## Work instruction:
Give back exactly the lines of the material below, starting with the line with "pub sample_count : ℕ" and going on through the line with "if ltb (2 ^".

▶

-- ===== src/Wav.antt =====
-- src/control_center_v1.cpp, lines 96 to 104, 182 to 296 and 833 to 874: the microphone recordings.
pub mod Header
pub mod ReadHeader
pub mod DiskFile
pub mod Sink
pub mod Session
pub mod ClosedFile
pub mod Recording
pub mod Consistent
mod Examples
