-- ===== src/Wav/Header.antt =====
-- The WAV header that src/control_center_v1.cpp writes, as the bytes of the array `header`.
use mac_kinect_native.Base.{ℕ, suc, ◌+◌, ◌*◌, ◌/◌, ◌%◌, ◌^◌, List, [], ◌∷◌}
use mac_kinect_native.Base.Lists.{set, replicate}

abbrev pub u16 : ℕ → ℕ
u16 n = n % 2 ^ 16

abbrev pub u32 : ℕ → ℕ
u32 n = n % 2 ^ 32

abbrev pub u64 : ℕ → ℕ
u64 n = n % 2 ^ 64

-- `value & 0xff` is `value % 256`, and `value >> k` is `value / 2 ^ k`. The array is written at
-- `at` and above.
unfoldable pub put_le16 : ℕ → ℕ → List ℕ → List ℕ
put_le16 at value dst = set (set dst at (value % 256)) (suc at) (value / 2 ^ 8 % 256)

unfoldable pub put_le32 : ℕ → ℕ → List ℕ → List ℕ
put_le32 at value dst =
    set
      (set (set (set dst at (value % 256)) (suc at) (value / 2 ^ 8 % 256)) (suc (suc at))
        (value / 2 ^ 16 % 256))
      (suc (suc (suc at))) (value / 2 ^ 24 % 256)

-- `std::memcpy` of a literal into the array.
unfoldable pub put_bytes : ℕ → List ℕ → List ℕ → List ℕ
put_bytes at [] dst = dst
put_bytes at (b ∷ bs) dst = put_bytes (suc at) bs (set dst at b)

abbrev pub riff_tag : List ℕ
riff_tag = b'R' ∷ b'I' ∷ b'F' ∷ b'F' ∷ []

abbrev pub wave_tag : List ℕ
wave_tag = b'W' ∷ b'A' ∷ b'V' ∷ b'E' ∷ []

abbrev pub fmt_tag : List ℕ
fmt_tag = b'f' ∷ b'm' ∷ b't' ∷ b' ' ∷ []

abbrev pub data_tag : List ℕ
data_tag = b'd' ∷ b'a' ∷ b't' ∷ b'a' ∷ []

abbrev pub channels : ℕ
channels = 1

-- The array that `WriteWavHeader` fills. Its `int` arguments are not negative at any call, and
-- `sample_rate * channels * bits_per_sample` fits an `int`.
unfoldable pub wav_header : ℕ → ℕ → ℕ → List ℕ
unfolding put_le16 put_le32 put_bytes
wav_header sample_rate bits_per_sample data_bytes =
    let byte_rate = u32 (sample_rate * channels * bits_per_sample / 8) in
    let block_align = u16 (channels * bits_per_sample / 8) in
    let chunk_size = u32 (36 + data_bytes) in
    put_le32 40 data_bytes (
      put_bytes 36 data_tag (
        put_le16 34 (u16 bits_per_sample) (
          put_le16 32 block_align (
            put_le32 28 byte_rate (
              put_le32 24 (u32 sample_rate) (
                put_le16 22 channels (
                  put_le16 20 1 (
                    put_le32 16 16 (
                      put_bytes 12 fmt_tag (
                        put_bytes 8 wave_tag
                          (put_le32 4 chunk_size (put_bytes 0 riff_tag (replicate 44 0)))))))))))))
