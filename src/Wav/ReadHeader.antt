-- ===== src/Wav/ReadHeader.antt =====
-- A reader of WAV headers, written from the format and not from the writer, and the round trip with
-- the header of src/control_center_v1.cpp.
use mac_kinect_native.Base.{
  ℕ, suc, ◌+◌, ◌*◌, ◌/◌, ◌%◌, ◌^◌, ◌<◌, ◌≡◌, refl, Bool, true, ◌&&◌, List, [], ◌∷◌, ◌++◌, Option,
  none, some, arith,
}
use mac_kinect_native.Base.Tests.{leb, ◌==◌, if◌then◌else◌}
use mac_kinect_native.Base.Lists.{length, get_or}
use mac_kinect_native.Wav.Header.{u32, u16, wav_header, riff_tag, wave_tag, fmt_tag, data_tag}

pub record WavFormat : Type 0 where
  pub riff_size : ℕ
  pub audio_format : ℕ
  pub channel_count : ℕ
  pub sample_rate : ℕ
  pub byte_rate : ℕ
  pub block_align : ℕ
  pub bits_per_sample : ℕ
  pub data_size : ℕ

abbrev pub le16_at : List ℕ → ℕ → ℕ
le16_at bytes i = get_or bytes i 0 + 256 * get_or bytes (suc i) 0

abbrev pub le32_at : List ℕ → ℕ → ℕ
le32_at bytes i = le16_at bytes i + 65536 * le16_at bytes (suc (suc i))

-- The bytes from the i-th on begin with a tag.
abbrev pub tag_at : List ℕ → ℕ → List ℕ → Bool
tag_at bytes i [] = true
tag_at bytes i (t ∷ tag) = (get_or bytes i 0 == t) && tag_at bytes (suc i) tag

-- `none` on what is no canonical PCM header of 44 bytes.
unfoldable pub read_header : List ℕ → Option WavFormat
read_header bytes =
    if leb 44 (length bytes)
      && (tag_at bytes 0 riff_tag
          && (tag_at bytes 8 wave_tag
              && (tag_at bytes 12 fmt_tag
                  && ((le32_at bytes 16 == 16) && tag_at bytes 36 data_tag))))
    then some (record {
      riff_size = le32_at bytes 4;
      audio_format = le16_at bytes 20;
      channel_count = le16_at bytes 22;
      sample_rate = le32_at bytes 24;
      byte_rate = le32_at bytes 28;
      block_align = le16_at bytes 32;
      bits_per_sample = le16_at bytes 34;
      data_size = le32_at bytes 40;
    })
    else none

le16_join : (n : ℕ) → n < 2 ^ 16 → n % 256 + 256 * (n / 2 ^ 8 % 256) ≡ n
le16_join n h = omega arith

le32_join :
    (n : ℕ)
    → n < 2 ^ 32
    → n % 256 + 256 * (n / 2 ^ 8 % 256) + 65536 * (n / 2 ^ 16 % 256 + 256 * (n / 2 ^ 24 % 256)) ≡ n
le32_join n h = omega arith

-- The header has 44 bytes.
pub length-wav_header : (rate bits bytes : ℕ) → length (wav_header rate bits bytes) ≡ 44
unfolding wav_header
length-wav_header rate bits bytes = refl

-- Reading back a file that begins with the header gives every field that was written, for a rate and
-- a length of 32 bits and a sample width of 16 bits; only the RIFF size is reduced modulo 2^32.
pub read_header-wav_header :
    (rate bits bytes : ℕ) (rest : List ℕ)
    → rate < 2 ^ 32
    → bits < 2 ^ 16
    → bytes < 2 ^ 32
    → read_header (wav_header rate bits bytes ++ rest)
      ≡ some (record {
        riff_size = u32 (36 + bytes);
        audio_format = 1;
        channel_count = 1;
        sample_rate = rate;
        byte_rate = u32 (rate * bits / 8);
        block_align = u16 (bits / 8);
        bits_per_sample = bits;
        data_size = bytes;
      })
unfolding read_header wav_header
read_header-wav_header rate bits bytes rest hr hb hd = ground (
  arith,
  le32_join rate hr,
  le16_join bits hb,
  le32_join bytes hd,
  le32_join (u32 (36 + bytes)) (omega arith),
  le32_join (u32 (rate * bits / 8)) (omega arith),
  le16_join (u16 (bits / 8)) (omega arith),
)
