-- ===== src/Wav/DiskFile.antt =====
-- A binary file as `std::fopen(path, "wb+")` gives it to src/control_center_v1.cpp: its bytes, the
-- place of the next write, and how many bytes the disk has room for. A write beyond that is cut
-- short, as `std::fwrite` may do.
use mac_kinect_native.Base.{ℕ, ◌+◌, ◌-◌, ◌≤◌, ◌≡◌, sym, List, [], ◌++◌, arith}
use mac_kinect_native.Base.Lists.{
  length, take, drop, length-append, take_all, drop_all, drop-append,
}
use mathlib.Core.List.{append-nil}

pub record DiskFile : Type 0 where
  pub content : List ℕ
  pub position : ℕ
  pub room : ℕ

unfoldable pub new_file : ℕ → DiskFile
new_file room = record { content = []; position = 0; room = room }

-- `std::fseek(file, 0, SEEK_SET)`.
unfoldable pub rewind : DiskFile → DiskFile
rewind f = record f { position = 0 }

-- What is written over the bytes from the position on, and past their end.
unfoldable pub fwrite : List ℕ → DiskFile → DiskFile × ℕ
fwrite bytes f =
    let fits = take (f.room - f.position) bytes in
    let f' = record f {
      content = take f.position f.content ++ (fits ++ drop (f.position + length fits) f.content);
      position = f.position + length fits;
    } in
    (f', length fits)

-- A write at the end that fits appends, and reports all its bytes.
pub fwrite_at_end :
    (bytes : List ℕ) (f : DiskFile)
    → f.position ≡ length f.content
    → length f.content + length bytes ≤ f.room
    → fwrite bytes f ≡ (
      record f { content = f.content ++ bytes; position = length (f.content ++ bytes) },
      length bytes,
    )
unfolding fwrite
fwrite_at_end bytes f e h = rw (take_all (f.room - f.position) bytes (omega arith)) (
    ground (
      arith,
      take_all f.position f.content (omega arith),
      drop_all (f.position + length bytes) f.content (omega arith),
      append-nil bytes,
      length-append f.content bytes,
    ))

-- A write over the first bytes of a file leaves those behind it.
pub fwrite_over :
    (old new rest : List ℕ) (f : DiskFile)
    → f.content ≡ old ++ rest
    → length new ≡ length old
    → length old ≤ f.room
    → fwrite new (rewind f)
      ≡ (record f { content = new ++ rest; position = length new }, length new)
unfolding fwrite rewind
fwrite_over old new rest f e same h =
    rw (take_all (f.room - 0) new (omega arith))
      (ground (arith, drop-append (length new) old rest (sym same)))
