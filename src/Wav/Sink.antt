-- ===== src/Wav/Sink.antt =====
-- `WavSink` of src/control_center_v1.cpp: one WAV file that is being recorded.
use Prim.Native.String.{String}
use mac_kinect_native.Base.{
  ℕ, zero, suc, ◌+◌, ◌-◌, ◌*◌, ◌/◌, ◌%◌, ◌^◌, Bool, false, Option, none, some, List, [], ◌∷◌, ◌++◌,
}
use mac_kinect_native.Base.Tests.{ltb, ◌==◌, if◌then◌else◌}
use mac_kinect_native.Base.Lists.{length}
use mac_kinect_native.Base.Int.{ℤ, pos, negsuc}
use mac_kinect_native.Wav.Header.{u32, u64, wav_header}
use mac_kinect_native.Wav.DiskFile.{DiskFile, new_file, rewind, fwrite}

pub record WavSink : Type 0 where
  pub file : Option DiskFile
  pub path : String
  pub bits_per_sample : ℕ
  pub sample_count : ℕ

abbrev pub closed_sink : WavSink
closed_sink = record { file = none; path = ""; bits_per_sample = 0; sample_count = 0 }

abbrev pub wav_sample_rate : ℕ
wav_sample_rate = 16000

-- The file and whether all 44 bytes were written. (A null file is tested by the callers.)
unfoldable pub write_wav_header : ℕ → ℕ → ℕ → DiskFile → DiskFile × Bool
write_wav_header sample_rate bits_per_sample data_bytes f =
    let header = wav_header sample_rate bits_per_sample data_bytes in
    let (f', written) = fwrite header (rewind f) in (f', written == length header)

-- The size that `CloseWavSink` writes: 32 bits, saturating.
unfoldable pub data_bytes : WavSink → ℕ
data_bytes s =
    let bytes_per_sample = u32 (s.bits_per_sample / 8) in
    let bytes_u64 = u64 (s.sample_count * bytes_per_sample) in
    if ltb (2 ^ 32 - 1) bytes_u64 then 2 ^ 32 - 1 else bytes_u64

-- The closed sink, and the bytes that it leaves on the disk if it had a file.
unfoldable pub close_wav_sink : WavSink → WavSink × Option (List ℕ)
close_wav_sink s = elim s.file [
  | none ↦ (s, none)
  | some f ↦ (
    record s { file = none },
    some (write_wav_header wav_sample_rate s.bits_per_sample (data_bytes s) f).0.content,
  )
]

-- `fopen` answers with the room of the new file, or fails.
unfoldable pub open_sink : Option ℕ → String → ℕ → WavSink → WavSink × Bool
open_sink none path bits s =
    (record { file = none; path = path; bits_per_sample = bits; sample_count = 0 }, false)
open_sink (some room) path bits s =
    let (f, written) = write_wav_header wav_sample_rate bits 0 (new_file room) in
    (record { file = some f; path = path; bits_per_sample = bits; sample_count = 0 }, written)

-- `static_cast<std::uint64_t>` of an `int`.
abbrev pub to_u64 : ℤ → ℕ
to_u64 (pos n) = n
to_u64 (negsuc n) = 2 ^ 64 - 1 - n

-- A sample of `width` bytes as the machine, little-endian, has it in memory: two's complement.
abbrev pub to_word : ℕ → ℤ → ℕ
to_word width (pos n) = n % 256 ^ width
to_word width (negsuc n) = 256 ^ width - 1 - n % 256 ^ width

unfoldable pub le_bytes : ℕ → ℕ → List ℕ
le_bytes zero w = []
le_bytes (suc k) w = w % 256 ∷ le_bytes k (w / 256)

-- n samples from the i-th, at a pointer.
unfoldable pub samples_bytes : ℕ → ℕ → ℕ → (ℕ → ℤ) → List ℕ
samples_bytes width zero i p = []
samples_bytes width (suc n) i p =
    le_bytes width (to_word width (p i)) ++ samples_bytes width n (suc i) p

-- `write_i32` at width 4 and `write_i16` at width 2. What `fwrite` reports is dropped.
unfoldable pub write_samples : ℕ → ℕ → Option (ℕ → ℤ) → WavSink → WavSink
write_samples width n none s = s
write_samples width n (some p) s = elim s.file [
  | none ↦ s
  | some f ↦ record s {
    file = some (fwrite (samples_bytes width n 0 p) f).0;
    sample_count = u64 (s.sample_count + n);
  }
]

◀

## Task solution:
  pub sample_count : ℕ

abbrev pub closed_sink : WavSink
closed_sink = record { file = none; path = ""; bits_per_sample = 0; sample_count = 0 }

abbrev pub wav_sample_rate : ℕ
wav_sample_rate = 16000

-- The file and whether all 44 bytes were written. (A null file is tested by the callers.)
unfoldable pub write_wav_header : ℕ → ℕ → ℕ → DiskFile → DiskFile × Bool
write_wav_header sample_rate bits_per_sample data_bytes f =
    let header = wav_header sample_rate bits_per_sample data_bytes in
    let (f', written) = fwrite header (rewind f) in (f', written == length header)

-- The size that `CloseWavSink` writes: 32 bits, saturating.
unfoldable pub data_bytes : WavSink → ℕ
data_bytes s =
    let bytes_per_sample = u32 (s.bits_per_sample / 8) in
    let bytes_u64 = u64 (s.sample_count * bytes_per_sample) in
    if ltb (2 ^ 32 - 1) bytes_u64 then 2 ^ 32 - 1 else bytes_u64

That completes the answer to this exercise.